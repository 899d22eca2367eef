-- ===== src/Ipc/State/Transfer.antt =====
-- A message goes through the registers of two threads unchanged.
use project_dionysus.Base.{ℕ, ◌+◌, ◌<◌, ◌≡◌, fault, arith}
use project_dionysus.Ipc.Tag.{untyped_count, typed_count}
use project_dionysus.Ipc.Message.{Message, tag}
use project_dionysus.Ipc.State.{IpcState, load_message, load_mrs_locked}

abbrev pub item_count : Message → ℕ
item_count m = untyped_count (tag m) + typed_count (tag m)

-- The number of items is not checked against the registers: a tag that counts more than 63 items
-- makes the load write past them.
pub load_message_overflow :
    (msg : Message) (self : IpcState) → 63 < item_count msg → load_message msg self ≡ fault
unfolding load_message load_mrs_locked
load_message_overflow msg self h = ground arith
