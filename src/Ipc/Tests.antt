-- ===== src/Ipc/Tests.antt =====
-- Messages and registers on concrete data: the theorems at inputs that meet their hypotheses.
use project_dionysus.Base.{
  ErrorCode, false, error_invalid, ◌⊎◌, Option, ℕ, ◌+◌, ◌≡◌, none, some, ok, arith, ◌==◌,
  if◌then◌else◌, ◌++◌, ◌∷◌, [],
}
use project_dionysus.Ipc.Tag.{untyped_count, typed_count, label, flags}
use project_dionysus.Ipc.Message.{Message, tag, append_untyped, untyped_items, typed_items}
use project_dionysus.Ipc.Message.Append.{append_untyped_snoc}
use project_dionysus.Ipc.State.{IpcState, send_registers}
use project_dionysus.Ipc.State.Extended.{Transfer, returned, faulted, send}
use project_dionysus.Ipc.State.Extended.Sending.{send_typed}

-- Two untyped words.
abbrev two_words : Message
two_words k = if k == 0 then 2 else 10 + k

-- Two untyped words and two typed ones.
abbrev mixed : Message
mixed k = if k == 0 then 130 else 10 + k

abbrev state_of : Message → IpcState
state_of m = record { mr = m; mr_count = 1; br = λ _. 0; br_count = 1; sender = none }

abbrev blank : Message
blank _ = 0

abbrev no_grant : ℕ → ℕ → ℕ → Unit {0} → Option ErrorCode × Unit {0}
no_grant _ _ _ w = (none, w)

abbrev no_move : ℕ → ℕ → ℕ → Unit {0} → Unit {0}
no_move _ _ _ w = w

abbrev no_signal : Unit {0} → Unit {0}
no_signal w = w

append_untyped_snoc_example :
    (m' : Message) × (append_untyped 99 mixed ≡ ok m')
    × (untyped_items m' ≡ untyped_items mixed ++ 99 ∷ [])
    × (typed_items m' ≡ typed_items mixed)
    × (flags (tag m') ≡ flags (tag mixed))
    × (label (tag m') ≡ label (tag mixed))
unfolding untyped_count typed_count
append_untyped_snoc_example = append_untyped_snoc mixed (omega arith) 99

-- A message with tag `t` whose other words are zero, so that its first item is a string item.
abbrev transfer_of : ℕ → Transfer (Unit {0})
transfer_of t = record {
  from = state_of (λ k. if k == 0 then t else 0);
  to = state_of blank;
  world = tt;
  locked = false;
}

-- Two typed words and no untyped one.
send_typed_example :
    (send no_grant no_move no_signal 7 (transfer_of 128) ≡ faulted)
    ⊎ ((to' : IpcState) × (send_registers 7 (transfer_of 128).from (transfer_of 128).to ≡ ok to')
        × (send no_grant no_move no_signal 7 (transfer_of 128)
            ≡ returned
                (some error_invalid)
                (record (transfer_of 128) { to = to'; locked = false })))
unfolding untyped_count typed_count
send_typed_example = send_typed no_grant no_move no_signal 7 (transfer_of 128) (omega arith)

* * *

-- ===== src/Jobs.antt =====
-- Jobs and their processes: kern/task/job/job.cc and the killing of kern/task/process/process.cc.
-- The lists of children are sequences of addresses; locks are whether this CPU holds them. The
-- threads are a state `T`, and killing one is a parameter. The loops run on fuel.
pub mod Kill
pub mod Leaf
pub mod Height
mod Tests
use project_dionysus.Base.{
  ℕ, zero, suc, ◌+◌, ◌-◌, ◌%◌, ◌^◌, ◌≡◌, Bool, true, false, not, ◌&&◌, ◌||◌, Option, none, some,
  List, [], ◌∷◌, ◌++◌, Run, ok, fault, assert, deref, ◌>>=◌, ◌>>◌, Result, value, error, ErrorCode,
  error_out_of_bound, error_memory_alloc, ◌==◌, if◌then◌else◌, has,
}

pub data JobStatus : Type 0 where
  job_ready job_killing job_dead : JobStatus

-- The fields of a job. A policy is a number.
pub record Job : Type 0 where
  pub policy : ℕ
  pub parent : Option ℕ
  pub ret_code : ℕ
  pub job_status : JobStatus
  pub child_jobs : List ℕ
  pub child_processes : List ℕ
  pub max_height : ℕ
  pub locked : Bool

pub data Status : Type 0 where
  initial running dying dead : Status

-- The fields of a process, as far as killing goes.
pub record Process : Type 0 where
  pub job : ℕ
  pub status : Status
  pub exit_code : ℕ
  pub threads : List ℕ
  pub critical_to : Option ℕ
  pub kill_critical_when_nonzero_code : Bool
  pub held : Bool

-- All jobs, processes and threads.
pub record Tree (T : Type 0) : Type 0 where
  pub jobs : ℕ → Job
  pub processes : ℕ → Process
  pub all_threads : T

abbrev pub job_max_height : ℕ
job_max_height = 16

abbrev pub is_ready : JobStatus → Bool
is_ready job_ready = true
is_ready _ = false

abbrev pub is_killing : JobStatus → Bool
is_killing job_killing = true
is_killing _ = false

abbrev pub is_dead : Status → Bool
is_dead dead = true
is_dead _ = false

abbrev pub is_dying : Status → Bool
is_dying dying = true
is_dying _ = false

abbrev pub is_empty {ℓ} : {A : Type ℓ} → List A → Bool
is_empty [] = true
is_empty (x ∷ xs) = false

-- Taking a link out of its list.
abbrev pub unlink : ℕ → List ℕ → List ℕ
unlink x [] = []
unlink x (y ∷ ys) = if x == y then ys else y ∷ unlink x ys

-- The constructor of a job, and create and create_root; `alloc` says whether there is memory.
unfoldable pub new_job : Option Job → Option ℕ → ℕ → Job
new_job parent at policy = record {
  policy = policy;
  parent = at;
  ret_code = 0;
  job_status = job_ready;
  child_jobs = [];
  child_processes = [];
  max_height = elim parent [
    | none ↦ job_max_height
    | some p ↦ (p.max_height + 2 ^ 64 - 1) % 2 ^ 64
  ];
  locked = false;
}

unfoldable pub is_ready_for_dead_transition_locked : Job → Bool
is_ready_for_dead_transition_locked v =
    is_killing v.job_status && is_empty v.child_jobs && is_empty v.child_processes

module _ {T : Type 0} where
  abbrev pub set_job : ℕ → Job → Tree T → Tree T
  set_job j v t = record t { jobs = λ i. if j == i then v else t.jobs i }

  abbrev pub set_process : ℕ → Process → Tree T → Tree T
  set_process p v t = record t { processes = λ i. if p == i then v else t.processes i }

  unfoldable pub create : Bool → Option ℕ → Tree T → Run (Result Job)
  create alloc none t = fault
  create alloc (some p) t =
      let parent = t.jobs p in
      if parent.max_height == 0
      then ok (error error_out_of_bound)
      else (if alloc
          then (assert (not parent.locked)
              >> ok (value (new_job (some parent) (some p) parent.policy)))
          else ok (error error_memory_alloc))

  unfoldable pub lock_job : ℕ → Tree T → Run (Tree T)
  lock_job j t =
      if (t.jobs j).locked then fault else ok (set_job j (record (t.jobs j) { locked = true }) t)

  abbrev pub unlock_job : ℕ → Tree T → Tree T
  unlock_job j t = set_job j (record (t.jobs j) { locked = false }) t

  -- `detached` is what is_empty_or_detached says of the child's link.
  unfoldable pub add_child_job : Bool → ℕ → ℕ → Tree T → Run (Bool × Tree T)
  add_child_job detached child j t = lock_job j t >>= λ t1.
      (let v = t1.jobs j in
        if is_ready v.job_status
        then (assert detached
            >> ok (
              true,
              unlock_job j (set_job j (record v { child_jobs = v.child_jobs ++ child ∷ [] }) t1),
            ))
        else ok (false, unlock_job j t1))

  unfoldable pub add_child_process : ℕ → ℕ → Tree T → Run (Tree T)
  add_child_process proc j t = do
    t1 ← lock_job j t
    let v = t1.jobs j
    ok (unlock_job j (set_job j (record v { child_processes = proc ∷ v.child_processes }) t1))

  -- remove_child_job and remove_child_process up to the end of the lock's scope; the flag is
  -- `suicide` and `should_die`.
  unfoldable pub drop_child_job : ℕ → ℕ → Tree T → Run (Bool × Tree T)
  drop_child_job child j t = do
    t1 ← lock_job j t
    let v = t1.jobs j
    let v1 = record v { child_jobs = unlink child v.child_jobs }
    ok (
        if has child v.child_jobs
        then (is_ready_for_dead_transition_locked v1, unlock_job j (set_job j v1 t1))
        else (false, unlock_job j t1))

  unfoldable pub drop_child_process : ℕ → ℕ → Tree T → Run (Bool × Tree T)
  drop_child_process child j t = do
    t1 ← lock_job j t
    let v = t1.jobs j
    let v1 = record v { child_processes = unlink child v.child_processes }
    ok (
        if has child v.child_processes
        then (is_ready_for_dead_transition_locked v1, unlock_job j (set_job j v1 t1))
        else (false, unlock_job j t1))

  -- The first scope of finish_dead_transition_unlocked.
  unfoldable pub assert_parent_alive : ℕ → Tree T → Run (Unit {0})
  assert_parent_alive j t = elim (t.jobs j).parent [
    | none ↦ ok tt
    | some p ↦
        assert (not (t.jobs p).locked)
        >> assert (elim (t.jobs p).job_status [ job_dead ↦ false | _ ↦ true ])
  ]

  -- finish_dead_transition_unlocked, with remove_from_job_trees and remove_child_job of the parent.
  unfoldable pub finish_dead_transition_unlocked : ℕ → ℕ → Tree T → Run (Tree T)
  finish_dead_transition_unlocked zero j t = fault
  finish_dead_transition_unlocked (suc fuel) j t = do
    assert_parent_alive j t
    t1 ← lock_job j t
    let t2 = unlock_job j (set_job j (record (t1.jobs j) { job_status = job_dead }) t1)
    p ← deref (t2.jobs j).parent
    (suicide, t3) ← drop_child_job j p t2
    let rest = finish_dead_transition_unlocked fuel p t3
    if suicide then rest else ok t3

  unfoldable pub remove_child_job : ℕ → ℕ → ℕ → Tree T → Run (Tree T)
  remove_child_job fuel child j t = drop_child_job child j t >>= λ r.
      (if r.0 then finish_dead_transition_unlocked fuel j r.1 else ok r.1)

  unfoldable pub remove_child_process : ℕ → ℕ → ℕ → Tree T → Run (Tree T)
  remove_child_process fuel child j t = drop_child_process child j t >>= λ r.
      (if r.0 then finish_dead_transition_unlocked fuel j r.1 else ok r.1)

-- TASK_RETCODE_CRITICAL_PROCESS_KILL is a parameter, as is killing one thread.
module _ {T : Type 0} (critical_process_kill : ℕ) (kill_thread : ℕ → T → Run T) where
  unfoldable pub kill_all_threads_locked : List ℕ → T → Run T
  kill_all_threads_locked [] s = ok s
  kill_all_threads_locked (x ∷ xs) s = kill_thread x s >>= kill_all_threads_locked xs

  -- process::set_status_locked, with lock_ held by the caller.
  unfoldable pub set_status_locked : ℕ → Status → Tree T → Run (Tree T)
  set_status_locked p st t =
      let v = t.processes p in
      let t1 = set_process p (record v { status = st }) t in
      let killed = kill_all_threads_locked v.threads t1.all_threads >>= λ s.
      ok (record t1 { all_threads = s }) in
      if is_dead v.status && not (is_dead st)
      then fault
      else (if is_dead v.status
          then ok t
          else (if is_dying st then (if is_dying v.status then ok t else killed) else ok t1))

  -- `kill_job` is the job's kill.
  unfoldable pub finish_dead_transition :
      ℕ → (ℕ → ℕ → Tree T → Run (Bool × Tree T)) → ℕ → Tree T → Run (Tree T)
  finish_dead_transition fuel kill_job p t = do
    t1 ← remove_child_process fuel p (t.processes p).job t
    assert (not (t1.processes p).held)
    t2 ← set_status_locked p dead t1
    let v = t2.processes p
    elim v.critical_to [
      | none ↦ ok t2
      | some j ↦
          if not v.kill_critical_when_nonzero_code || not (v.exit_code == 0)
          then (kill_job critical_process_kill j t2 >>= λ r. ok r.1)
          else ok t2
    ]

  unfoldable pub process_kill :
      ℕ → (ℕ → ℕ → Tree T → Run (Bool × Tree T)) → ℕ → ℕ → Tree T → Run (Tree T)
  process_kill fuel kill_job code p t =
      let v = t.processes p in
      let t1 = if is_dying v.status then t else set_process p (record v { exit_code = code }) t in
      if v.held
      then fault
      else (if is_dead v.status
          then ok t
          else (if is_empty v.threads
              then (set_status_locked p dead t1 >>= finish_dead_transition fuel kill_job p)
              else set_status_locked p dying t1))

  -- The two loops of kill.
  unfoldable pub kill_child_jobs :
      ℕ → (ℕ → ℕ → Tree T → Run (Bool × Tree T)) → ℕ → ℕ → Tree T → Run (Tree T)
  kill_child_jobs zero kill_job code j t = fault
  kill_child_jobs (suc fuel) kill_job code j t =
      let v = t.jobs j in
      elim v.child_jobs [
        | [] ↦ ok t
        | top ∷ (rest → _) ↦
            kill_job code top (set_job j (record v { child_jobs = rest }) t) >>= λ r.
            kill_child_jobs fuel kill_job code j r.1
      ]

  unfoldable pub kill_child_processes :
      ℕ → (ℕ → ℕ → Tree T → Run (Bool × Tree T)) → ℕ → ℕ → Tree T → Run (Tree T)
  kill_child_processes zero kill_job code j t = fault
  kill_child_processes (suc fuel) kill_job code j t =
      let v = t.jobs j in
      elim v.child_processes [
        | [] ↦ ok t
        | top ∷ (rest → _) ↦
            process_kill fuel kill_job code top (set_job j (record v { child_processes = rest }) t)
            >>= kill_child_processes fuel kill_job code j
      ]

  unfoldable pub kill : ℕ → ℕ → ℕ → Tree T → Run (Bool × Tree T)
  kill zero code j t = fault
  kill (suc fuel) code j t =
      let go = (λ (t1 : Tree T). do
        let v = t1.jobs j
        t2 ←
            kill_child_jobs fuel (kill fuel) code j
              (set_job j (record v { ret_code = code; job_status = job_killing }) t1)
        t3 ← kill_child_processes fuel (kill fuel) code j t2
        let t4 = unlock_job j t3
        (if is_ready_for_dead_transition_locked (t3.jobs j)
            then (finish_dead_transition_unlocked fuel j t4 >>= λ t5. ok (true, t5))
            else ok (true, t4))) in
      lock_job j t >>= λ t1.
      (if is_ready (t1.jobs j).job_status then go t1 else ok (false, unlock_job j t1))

■ YOUR GOAL ■
Give back, unchanged, the run of lines in the listing above that begins at the line containing "abbrev transfer_of : ℕ" and ends at the line containing "send_typed_example = send_typed", both included.

■ WRITTEN SOLUTION ■
abbrev transfer_of : ℕ → Transfer (Unit {0})
transfer_of t = record {
  from = state_of (λ k. if k == 0 then t else 0);
  to = state_of blank;
  world = tt;
  locked = false;
}

-- Two typed words and no untyped one.
send_typed_example :
    (send no_grant no_move no_signal 7 (transfer_of 128) ≡ faulted)
    ⊎ ((to' : IpcState) × (send_registers 7 (transfer_of 128).from (transfer_of 128).to ≡ ok to')
        × (send no_grant no_move no_signal 7 (transfer_of 128)
            ≡ returned
                (some error_invalid)
                (record (transfer_of 128) { to = to'; locked = false })))
unfolding untyped_count typed_count
send_typed_example = send_typed no_grant no_move no_signal 7 (transfer_of 128) (omega arith)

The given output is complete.